Он говорил и говорил, а она пыталась сосредоточиться на том, что должно произойти сейчас. Они сидят здесь уже слишком долго.
Свободной рукой она гладила голову Руфуса, а тот тыкался носом ей в ладонь.
Лидия знала только одно: отсюда следует убираться. Больше она ни о чем не могла думать.
На туалетном столике лежала серебряная пудреница, подарок Эмбер. Нужно взять ее с собой. Да, и бусы из ракушек, подарок Майи на Рождество.
– Когда вы останавливались в бразильском посольстве в Вашингтоне…
Не важно, что он говорит, лишь бы не шевелился!
Она услышала писк своего мобильника и, не спуская глаз с Грабовски, потянулась к сумочке.
– Я слежу за вами, – предупредила она и наскоро прочитала сообщение.
«С днем рождения. Я скучаю по тебе. Карсон».
– И та ночь в Белом доме…
Слезы хлынули потоком. Она так устала бороться со всем и всеми. Лучше сдаться сейчас…
Она выключила мобильник.
– И когда вы танцевали…
Господи, хоть бы он заткнулся, убрался отсюда и дал ей поспать! Болтает целую вечность, а слезы все никак не останавливаются.
– Вот видите, хороших моментов оказалось много, – продолжал он тихо, словно говорил с младенцем в колыбели, – очень много. Были и будут. Мы с вами можем обо всем договориться. Условиться, как лучше это обставить. Представляете, как это будет изумительно, каким станет потрясением!

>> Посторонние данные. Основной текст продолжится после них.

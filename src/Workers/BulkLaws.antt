-- ===== src/Workers/BulkLaws.antt =====
-- The bulk ingestion job: every item is tried once, each is counted, and the job ends.
use loglens_api.Base.{
  ℕ, suc, ◌+◌, ◌≡◌, refl, sym, subst, none, some, List, [], ◌∷◌, inl, inr, Bool-cases, arith, ap,
  ◌∙◌, length, if◌then◌else◌, length-append,
}
use loglens_api.Text.{Text}
use loglens_api.Text.Laws.{text_eq_refl}
use loglens_api.Table.{find_first}
use loglens_api.Table.Laws.{find_first-update_where, length-insert_row}
use loglens_api.Models.{BackgroundJob, LogIngestRequest, Log}
use loglens_api.Errors.{Error}
use loglens_api.Effect.{Env, World, Result, ok, err}
use loglens_api.Repositories.Jobs.{has_job_id, save_job, update_progress, progressed_job}
use loglens_api.Logs.{persist_log}
use loglens_api.Logs.Grouping.{persist_log-outcome}
use loglens_api.Workers.Bulk.{Progress, tally, attempt, report_progress, ingest_item, ingest_items}

-- The row of the job is the object that the worker holds.
abbrev pub IsTracked : {env : Env} → BackgroundJob → World env → Type 0
IsTracked job w = find_first (has_job_id job.id) w.working.background_jobs ≡ some job

same_id_kept :
    (id : Text) (x y : BackgroundJob)
    → y.id ≡ x.id
    → has_job_id id (if has_job_id id x then y else x) ≡ has_job_id id x
same_id_kept id x y e = elim (Bool-cases (has_job_id id x)) [ inl t ↦ rw (t, e) t | inr f ↦ rw f f ]

-- Saving a tracked job leaves it tracked, and touches no log.
pub save_job-IsTracked :
    {env : Env} (change : BackgroundJob → BackgroundJob) (job : BackgroundJob) (w : World env)
    → ((j : BackgroundJob) → (change j).id ≡ j.id)
    → IsTracked job w
    → let saved = record (change job) { updated_at = w.transaction_time } in
      ((save_job change job w).0 ≡ ok saved)
      × IsTracked saved (save_job change job w).1
      × ((save_job change job w).1.working.logs ≡ w.working.logs)
unfolding save_job
save_job-IsTracked change job w keeps tracked =
    let stamped : BackgroundJob → BackgroundJob =
      λ j. record (change j) { updated_at = w.transaction_time } in
    let found =
      find_first-update_where (has_job_id job.id) (has_job_id job.id) stamped
        w.working.background_jobs (λ x. same_id_kept job.id x (stamped x) (keeps x)) in
    let here : find_first (has_job_id job.id) (save_job change job w).1.working.background_jobs
        ≡ some (stamped job) =
      found ∙ rw (tracked, text_eq_refl job.id) refl in
    (
      refl,
      subst
          (λ i.
            find_first (has_job_id i) (save_job change job w).1.working.background_jobs
            ≡ some (stamped job))
          (sym (keeps job)) here,
      refl,
    )

module _ (env : Env) where
  pub attempt_ok :
      (item : LogIngestRequest) (w : World env) {log : Log}
      → (persist_log env item w).0 ≡ ok log
      → attempt env item w ≡ (ok (ok log), (persist_log env item w).1)
  unfolding attempt
  attempt_ok item w h = ground arith

  pub attempt_err :
      (item : LogIngestRequest) (w : World env) {e : Error}
      → persist_log env item w ≡ (err e, w)
      → attempt env item w ≡ (ok (err e), w)
  unfolding attempt
  attempt_err item w h = ground arith

  -- What one item does to the logs: it adds one, or it fails and adds none.
  attempt-outcome :
      (item : LogIngestRequest) (w : World env)
      → (r : Result Log) × ((attempt env item w).0 ≡ ok r)
        × ((attempt env item w).1.working.background_jobs ≡ w.working.background_jobs)
        × ((p : Progress) (index : ℕ)
            → (length (attempt env item w).1.working.logs + p.success_count
                ≡ length w.working.logs + (tally env index p r).success_count)
              × ((tally env index p r).success_count + length (tally env index p r).failures
                  ≡ suc (p.success_count + length p.failures))
              × ((tally env index p r).job ≡ p.job))
  attempt-outcome item w = elim (persist_log-outcome env item w) [
    | inl (log, answer, logs, jobs) ↦ rw (attempt_ok item w answer) (
      ok log,
      refl,
      jobs,
      λ p index. (rw (logs, length-insert_row log w.working.logs) (omega arith), omega arith, refl),
    )
    | inr e ↦ rw (attempt_err item w e) (
      err _,
      refl,
      refl,
      λ p index. (omega arith, rw (length-append p.failures (_ ∷ [])) (omega arith), refl),
    )
  ]

  -- The state between two items: the row of the job is the worker's object, it shows the worker's
  -- counts, and everything is committed.
  abbrev pub IsReported : ℕ → Progress → World env → Type 0
  IsReported processed p w =
      IsTracked p.job w
      × (p.job.processed_items ≡ processed)
      × (p.job.success_count ≡ p.success_count)
      × (p.job.failure_count ≡ length p.failures)
      × (w.committed ≡ w.working)

  report_progress-step :
      (index : ℕ) (p : Progress) (w : World env)
      → IsTracked p.job w
      → (p' : Progress) × ((report_progress env index p w).0 ≡ ok p')
        × IsReported (index + 1) p' (report_progress env index p w).1
        × ((report_progress env index p w).1.working.logs ≡ w.working.logs)
        × (p'.success_count ≡ p.success_count)
        × (p'.failures ≡ p.failures)
        × (p'.job.id ≡ p.job.id)
  unfolding report_progress update_progress save_job
  report_progress-step index p w tracked =
      let (answer, found, logs) =
        save_job-IsTracked
          (progressed_job (index + 1) p.success_count (length p.failures)
            (some (record p.job.payload { failures = some p.failures })) none)
          p.job w (λ j. refl) tracked in
      (_, refl, (found, refl, refl, refl, refl), logs, refl, refl, refl)

  ingest_item-runs :
      (index : ℕ) (p : Progress) (item : LogIngestRequest) (w : World env) {r : Result Log}
      → (attempt env item w).0 ≡ ok r
      → ingest_item env index p item w
        ≡ report_progress env index (tally env index p r) (attempt env item w).1
  unfolding ingest_item
  ingest_item-runs index p item w h = ground arith

  ingest_item-step :
      (index : ℕ) (p : Progress) (item : LogIngestRequest) (w : World env)
      → IsTracked p.job w
      → let (answer, w') = ingest_item env index p item w in
        (p' : Progress) × (answer ≡ ok p')
        × IsReported (index + 1) p' w'
        × (length w'.working.logs + p.success_count ≡ length w.working.logs + p'.success_count)
        × (p'.success_count + length p'.failures ≡ suc (p.success_count + length p.failures))
        × (p'.job.id ≡ p.job.id)
  ingest_item-step index p item w tracked =
      let (r, answer, jobs, counts) = attempt-outcome item w in
      let (logs, counted, same) = counts p index in
      let w1 : World env = (attempt env item w).1 in
      let tracked1 : IsTracked (tally env index p r).job w1 = rw (same, jobs) tracked in
      let (p', ok_p', reported, logs', success, failed, id) =
        report_progress-step index (tally env index p r) w1 tracked1 in
      rw (ingest_item-runs index p item w answer) (
        p',
        ok_p',
        reported,
        rw (logs', success) logs,
        rw (success, failed) counted,
        id ∙ ap (λ j. j.id) same,
      )

  ingest_items-runs :
      (index : ℕ) (p : Progress) (item : LogIngestRequest) (items : List LogIngestRequest)
      (w : World env) {p' : Progress}
      → (ingest_item env index p item w).0 ≡ ok p'
      → ingest_items env index p (item ∷ items) w
        ≡ ingest_items env (index + 1) p' items (ingest_item env index p item w).1
  unfolding ingest_items
  ingest_items-runs index p item items w h = ground arith

  ingest_items-end :
      (index : ℕ) (p : Progress) (w : World env) → ingest_items env index p [] w ≡ (ok p, w)
  unfolding ingest_items
  ingest_items-end index p w = refl

  -- The loop always comes to its end. Each item was counted once, as a success, for which one log was
  -- added, or as a failure; what is in the job's row and in the logs is committed.
  pub ingest_items-counts :
      (index : ℕ) (p : Progress) (item : LogIngestRequest) (items : List LogIngestRequest)
      (w : World env)
      → IsTracked p.job w
      → let (answer, w') = ingest_items env index p (item ∷ items) w in
        (p' : Progress) × (answer ≡ ok p')
        × IsReported (index + length (item ∷ items)) p' w'
        × (length w'.working.logs + p.success_count ≡ length w.working.logs + p'.success_count)
        × (p'.success_count + length p'.failures
            ≡ length (item ∷ items) + (p.success_count + length p.failures))
        × (p'.job.id ≡ p.job.id)
  ingest_items-counts index p item [] w tracked =
      let (p1, answer1, reported1, logs1, counted1, id1) =
        ingest_item-step index p item w tracked in
      rw (ingest_items-runs index p item [] w answer1) (
        rw (ingest_items-end (index + 1) p1 (ingest_item env index p item w).1)
          (p1, refl, reported1, logs1, omega arith, id1))
  ingest_items-counts index p item (next ∷ rest) w tracked =
      let (p1, answer1, reported1, logs1, counted1, id1) =
        ingest_item-step index p item w tracked in
      let w1 : World env = (ingest_item env index p item w).1 in
      let (p', answer, reported, logs, counted, id) =
        ingest_items-counts (index + 1) p1 next rest w1 reported1.0 in
      rw (ingest_items-runs index p item (next ∷ rest) w answer1)
        (p', answer, rw (move_suc index (length rest)) reported, omega arith, omega arith, id ∙ id1)
    where
      move_suc : (n k : ℕ) → n + suc (suc k) ≡ n + 1 + suc k
      move_suc n k = omega arith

– Что? – переспросила она, вытирая слезы. – Что вы говорите? О чем мы должны условиться?Он бредет по очень тонкому льду, нет, хуже, топчется вокруг ее израненного эго, не зная точно, где находятся трещины и пропасти.
Песик спрыгнул с кровати и улегся на полу, в лужице солнечных лучей. Грабовски подумал, что комната очень уютная, простая, ничем не загроможденная. Белое покрывало на кровати, сиреневато-серые стены, яркие пятна подушек… Скромный дом…
Снова откуда-то взялись эти слова. «Сосредоточься, – велел он себе, – сосредоточься».
– Ничего, если я немножко пошевелюсь? Прислонюсь к ножке туалетного столика? Видите, я все делаю очень медленно.
Он не собирался рисковать и давить на нее. Пусть это покажется не столько его, сколько ее идеей. Пусть она привыкнет к этой мысли. Не обречена же она вечно жить в забвении? Во всяком случае, его истории о былом повергли ее в слезы.
– Что? – спросила она снова.
– Если бы вы захотели… – протянул он. – Если бы вы пожелали, то смогли бы вернуться.
Она улыбнулась. Но значения этой улыбки он не понял.
– Могла бы?
Спаниель встал и принялся бродить по комнате, а вскоре подошел и к нему. Он медленно опустил руку на голову Руфуса.
– Давай поглажу, хороший ты мой. Сколько он у вас?
– Почти три года.
Он погладил спаниеля и положил руку на свое колено. Но Руфус подошел ближе, требуя новых ласк.
– Это не только ради вас, – настаивал он.
Песик взобрался ему на колени.
– Подумайте о своих мальчиках! Представляете, как они будут счастливы, если их мать вернется.
Пистолет валялся у нее на коленях. Плечи опустились… она потеряла осанку, а вместе с ней и уверенность.
Он стал возиться с собакой, чесать ей брюхо. Еще минута-другая, и она зарыдает, как младенец.
Звук ее голоса испугал его до такой степени, что он ударился головой о ножку стола.
– Я думаю о них. Думаю каждый день.
– Правильно, – успокаивающе поддакнул он. – Должно быть, они скучают так же сильно, как и вы.
– И вы уверены, что так будет лучше для них? Вы хорошо все обдумали? Размышляя об этом каждый день на протяжении десяти лет? Каждый день! Итак, с вами было то же самое?
Она сидела на краю кровати гордо и прямо. Свободная рука оказалась сжата в кулак, другая – держала пистолет. Совершенно непонятно, на что она сейчас способна. Ему просто необходимо сделать ход, если он прижмет собаку к груди, делая вид, будто ее ласкает, можно податься вперед и швырнуть чертову тварь в Лидию.